著者プロフィール:竹林篤実(たけばやし・あつみ)
東大寺学園高校卒業、京都大学文学部卒業。印刷会社営業職、デザイン事務所ディレクター、広告代理店プランナーなどを経て、2004年にコミュニケーション研究所の代表。ブログ:「だから問題はコミュニケーションにあるんだよ」
「めざめるカラダ朝カレー」が、レトルトカレーの棚で定番化しつつあるという。朝からカレーなんか食べるか? と常識的発想にとらわれていては決して登場しなかった商品だろう。しかし緻密(ちみつ)な戦略を背景に持つこの商品は、売れるべくして売れたのではないだろうか。
朝、カフェに行ってみると、ここ数年で確実な変化が起こっていることに気づく。以前とは何が変わったのか。勉強したり仕事している人が明らかに増えているのだ。のんびりモーニングセットでも食べて、コーヒーを飲みながら朝の一服をふかす。そんな悠長な過ごし方をしていたのでは、厳しい環境の中、生き残ることさえ難しいのかもしれない。
朝早起きするためには、当然夜更かしなどしていられない。夜の居酒屋から客足が遠のくのもむべなるかな。そもそも、最近の若い人たちはお酒をそんなに飲まないのだ。だから夜はそこそこ早めに寝て、朝起きて仕事したり勉強するといったスタイルが広まった可能性はある。
そもそも夜遅くまで働くことさえ、なかなかまかり通らぬご時世である。企業サイドとしては、できれば残業代を払いたくない。かといってサービス残業を強いたのでは、いろいろと具合が悪い。だから夜はさっさと帰れ(でも、家かどこかで仕事はちゃんとしろよ)的ムードもあるはずだ。朝型へのシフトが起こるはずである。
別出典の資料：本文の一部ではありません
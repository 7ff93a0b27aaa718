-- ===== src/Daemon/Phases.antt =====
-- pkg/daemon/vm_controller.go: what the daemon does for a machine in each of its phases.
use ch_vmm.Prelude.{
  ℕ, ◌*◌, ◌%◌, ◌^◌, String, Bool, true, false, not, ◌||◌, List, [], ◌∷◌, Option, none, some,
  if◌then◌else◌, str_eq, ◌==◌,
}
use ch_vmm.Prelude.Int64.{add64, sub64, lt64}
use ch_vmm.Api.{Volume}
use ch_vmm.Controller.Program.{Answer, done, not_found, Program, ◌>>=◌, ◌>>◌, return, fail, must}
use ch_vmm.Daemon.{
  Vm, Phase, PowerAction, Pod, Call, VmmState, VmInfo, VmConfig, stat, vmm, info, boot, pause,
  resume, create, resize, restore, open_file, decode_config, pid_of, lock_memory, Server, Node,
  State, get_status, modify, set_phase, record_event, call, fetch, join, data_dir, memory_dir,
  socket,
}
use ch_vmm.Daemon.Mounts.{mount_volumes}
use ch_vmm.Daemon.Umounts.{cleanup}
use ch_vmm.Daemon.Plugs.{reconcile_volumes}
use ch_vmm.Daemon.Migrate.{migrate}

pub restores : List Volume → Bool
restores [] = false
restores (v ∷ vs) = str_eq v.name "memory" || restores vs

-- The cores that a machine is to have, a product of 32-bit words.
pub desired_vcpus : Vm → ℕ
desired_vcpus vm = (vm.sockets * vm.cores) % 2 ^ 32

-- The distance of two `int64`.
pub distance : ℕ → ℕ → ℕ
distance a b = let d = sub64 a b in if lt64 d 0 then sub64 0 d else d

pub needs_resize : Node → Vm → VmInfo → Bool
unfolding desired_vcpus distance
needs_resize node vm i =
    not (i.boot_vcpus == desired_vcpus vm)
    || lt64 (node.twentieth vm.memory) (distance i.actual_memory vm.memory)

-- The call of the hypervisor for an action, and the events for its outcomes; none for another.
pub power_call : PowerAction → Option (Call × String × String)
power_call PowerAction.power_off = some (Call.power_button, "VMPoweredOff", "FailedVMPowerOff")
power_call PowerAction.shutdown = some (Call.shutdown, "VMShutdown", "FailedVMShutdown")
power_call PowerAction.reset = some (Call.reboot, "VMReset", "FailedVMReset")
power_call PowerAction.reboot = some (Call.reboot, "VMRebooted", "FailedVMReboot")
power_call _ = none

abbrev pub is_idle : PowerAction → Bool
is_idle PowerAction.no_action = true
is_idle _ = false

module _ (server : Server) (node : Node) (vm : Vm) where
  abbrev M : Type 0 → Type 0
  M A = Program State A

  -- A call of the machine's hypervisor.
  unfoldable pub ask : Call → M Answer
  ask c = do status ← get_status; call server (vmm (socket status) c)

  unfoldable pub get_info : M (Answer × VmInfo)
  get_info = do status ← get_status; fetch server (vmm (socket status) info) server.info

  -- Events for the outcomes of a call, of which the error is dropped.
  unfoldable pub tell : Answer → String → String → M (Unit {0})
  tell done success failure = record_event success
  tell e success failure = record_event failure

  -- An event before an error is returned.
  unfoldable pub must_or_tell : Answer → String → M (Unit {0})
  must_or_tell done failure = return tt
  must_or_tell e failure = do record_event failure; fail e

  unfoldable pub reconcile_restoring : M (Unit {0})
  unfolding ask must_or_tell
  reconcile_restoring = do
    status ← get_status
    prepared ← call server (stat (join (memory_dir status) "snap/done.txt"))
    must_or_tell prepared "PrerunnerStage"
    restored ← ask restore
    must_or_tell restored "VMRestoreFailed"
    set_phase Phase.resumed

  unfoldable pub open_if : Answer → M (Unit {0})
  open_if done = return tt
  open_if not_found = do record_event "PrerunnerStage"; fail Answer.failed
  open_if e = fail e

  unfoldable pub lock_if : VmConfig → M (Unit {0})
  lock_if c =
      if c.has_devices || c.has_vdpa
      then (do locked ← call server (lock_memory (add64 c.memory (2 ^ 30))); must locked)
      else return tt

  unfoldable pub boot_vm : M (Unit {0})
  unfolding ask
  boot_vm = do booted ← ask boot; must booted; record_event "VMBooted"

  unfoldable pub create_vm : M (Unit {0})
  unfolding open_if lock_if boot_vm ask data_dir join
  create_vm = do
    status ← get_status
    opened ← call server (open_file (join (data_dir status) "vm-config.json"))
    open_if opened
    config ← fetch server (decode_config (join (data_dir status) "vm-config.json")) server.config
    must config.0
    process ← call server (pid_of (socket status))
    must process
    lock_if config.1
    created ← ask (create config.1)
    must created
    record_event "VMCreated"
    boot_vm

  unfoldable pub follow_created : VmmState → M (Unit {0})
  unfolding boot_vm
  follow_created VmmState.created = boot_vm
  follow_created VmmState.running = set_phase Phase.running
  follow_created VmmState.paused = set_phase Phase.paused
  follow_created VmmState.shutdown = set_phase Phase.failed
  follow_created s = return tt

  unfoldable pub start_if : Answer × VmInfo → M (Unit {0})
  unfolding create_vm follow_created
  start_if (done, i) = follow_created i.state
  start_if (not_found, i) = create_vm
  start_if (e, i) = fail e

  unfoldable pub reconcile_scheduled : M (Unit {0})
  unfolding start_if get_info restores
  reconcile_scheduled = do
    mount_volumes server node vm "" ""
    if restores vm.volumes
        then set_phase Phase.restoring
        else (do answered ← get_info; start_if answered)

  unfoldable pub pause_if : VmmState → M (Unit {0})
  unfolding ask tell
  pause_if VmmState.running = do paused ← ask pause; tell paused "VMPaused" "FailedVMPause"
  pause_if s = return tt

  unfoldable pub reconcile_paused : M (Unit {0})
  unfolding pause_if get_info
  reconcile_paused = do answered ← get_info; must answered.0; pause_if answered.1.state

  unfoldable pub resume_if : VmmState → M (Unit {0})
  unfolding ask must_or_tell
  resume_if VmmState.paused = do
    resumed ← ask resume
    must_or_tell resumed "FailedResume"
    record_event "VMResumed"
    set_phase Phase.running
  resume_if s = return tt

  unfoldable pub reconcile_resumed : M (Unit {0})
  unfolding resume_if get_info
  reconcile_resumed = do answered ← get_info; must answered.0; resume_if answered.1.state

  -- The resize of a machine that runs or is paused.
  unfoldable pub resize_if : VmInfo → M (Unit {0})
  unfolding ask must_or_tell needs_resize
  resize_if i =
      if needs_resize node vm i
      then (do
        resized ← ask (resize (desired_vcpus vm) vm.memory)
        must_or_tell resized "VMResizeFailed"
        record_event "VMResizeInitiated")
      else (do set_phase Phase.running; record_event "VMResizeCompleted")

  unfoldable pub reconcile_resizing : M (Unit {0})
  unfolding resize_if get_info
  reconcile_resizing = do
    answered ← get_info
    must answered.0
    elim answered.1.state [
      | VmmState.running ↦ resize_if answered.1
      | VmmState.paused ↦ resize_if answered.1
      | _ ↦ return tt
    ]

  unfoldable pub power_if : Option (Call × String × String) → M (Unit {0})
  unfolding ask tell
  power_if none = return tt
  power_if (some (c, success, failure)) = do answered ← ask c; tell answered success failure

  -- A machine that is to be off, an action that was asked for, or the volumes.
  unfoldable pub serve : VmInfo → M (Unit {0})
  unfolding ask must_or_tell power_if power_call
  serve i = do
    status ← get_status
    if vm.halted
        then (do
          answered ← ask Call.shutdown
          must_or_tell answered "FailedVMPowerOff"
          reconcile_volumes server node vm i)
        else if is_idle status.power_action
        then reconcile_volumes server node vm i
        else (do
          power_if (power_call status.power_action)
          modify (λ s. record s { power_action = PowerAction.no_action }))

  unfoldable pub reconcile_serving : M (Unit {0})
  unfolding serve get_info
  reconcile_serving = do
    answered ← get_info
    must answered.0
    elim answered.1.state [
      | VmmState.running ↦ serve answered.1
      | VmmState.paused ↦ serve answered.1
      | _ ↦ set_phase Phase.succeeded
    ]

  -- What is done only without a migration, and on the node that has the machine.
  unfoldable pub if_here : M (Unit {0}) → M (Unit {0})
  if_here m = do
    status ← get_status
    elim status.migration [
      | some migration ↦ return tt
      | none ↦ if str_eq status.node_name node.name then m else return tt
    ]

  unfoldable pub reconcile_running : Pod → M (Unit {0})
  unfolding reconcile_serving
  reconcile_running pod = do
    status ← get_status
    elim status.migration [
      | some m ↦ migrate server node vm m pod
      | none ↦ if str_eq status.node_name node.name then reconcile_serving else return tt
    ]

  unfoldable pub reconcile_phase : Phase → Pod → M (Unit {0})
  unfolding reconcile_restoring reconcile_scheduled reconcile_paused reconcile_resumed
      reconcile_resizing reconcile_running if_here
  reconcile_phase Phase.restoring pod = reconcile_restoring
  reconcile_phase Phase.scheduled pod = reconcile_scheduled
  reconcile_phase Phase.paused pod = if_here reconcile_paused
  reconcile_phase Phase.resumed pod = if_here reconcile_resumed
  reconcile_phase Phase.resizing pod = if_here reconcile_resizing
  reconcile_phase Phase.running pod = reconcile_running pod
  reconcile_phase Phase.succeeded pod = cleanup server node vm
  reconcile_phase Phase.failed pod = cleanup server node vm
  reconcile_phase p pod = return tt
例えば『WONDA』なる缶コーヒーがある。国分君と高田のおっさんがコマーシャルで、これでもかとばかりに「朝」イメージを強調している。キャッチフレーズが「モーニングショット」、朝専用の缶コーヒーだ。こうした商品が出てくるのも朝型シフトをいち早く読んでいたからだろう。
では朝カレーは、どんなセグメントを狙ったのだろうか。朝食については栄養、バランス、手軽、おいしい、健康といったセグメントがある。が、そこを付いたのではいまひとつ斬新さに欠ける。
ここで思い出していただきたいのが、この商品のネーミング「めざめるカラダ朝カレー」である。実に巧妙なイメージングではないか。カレー=辛い=頭がしゃきっとする。すなわちお目覚めスッキリのカレーなのだ。
そしてターゲティングの妙。狙ったのは、子どもを持つ母親である。このターゲティングのうまさに、この商品の成功は大きく依存している。今北純一氏が『マイ・ビジネス・ノート』で提唱された「絶対需要」の掘り起こしに成功したのだ。
すなわち母親は朝忙しいのである。とはいえ、子どもの食事は気になるのである。だから、手抜きできて、しかも子どものためになる食事があれば「これこそ、私の求めていたもの」となるはずだ。朝カレーこそは、まさに世の母親たちが飛びつかざるを得ない商品となっているのだ。
まず温め不要である。あつあつごはんにかけるだけでオッケーである。めっちゃ手間が省けるではないか。にもかかわらず、子どもは基本的にカレーが大好きである。「うわ〜、朝からカレーやん。めっちゃうれしいで、母ちゃんおおきに(というのはナニワバージョンですな)」となるだろう。
しかも、である。カレーは脳の血流を良くし集中力を高めるのだ。つまり母親からすれば、思いっきり手間を省きながら、子どもが喜び、かつ子どものためにもなる朝ごはんが、朝カレーなのである。もちろんエンドユーザーとなる子どもたちだって、朝カレーは大歓迎だろう。この組み立て、めちゃくちゃうまいと思う。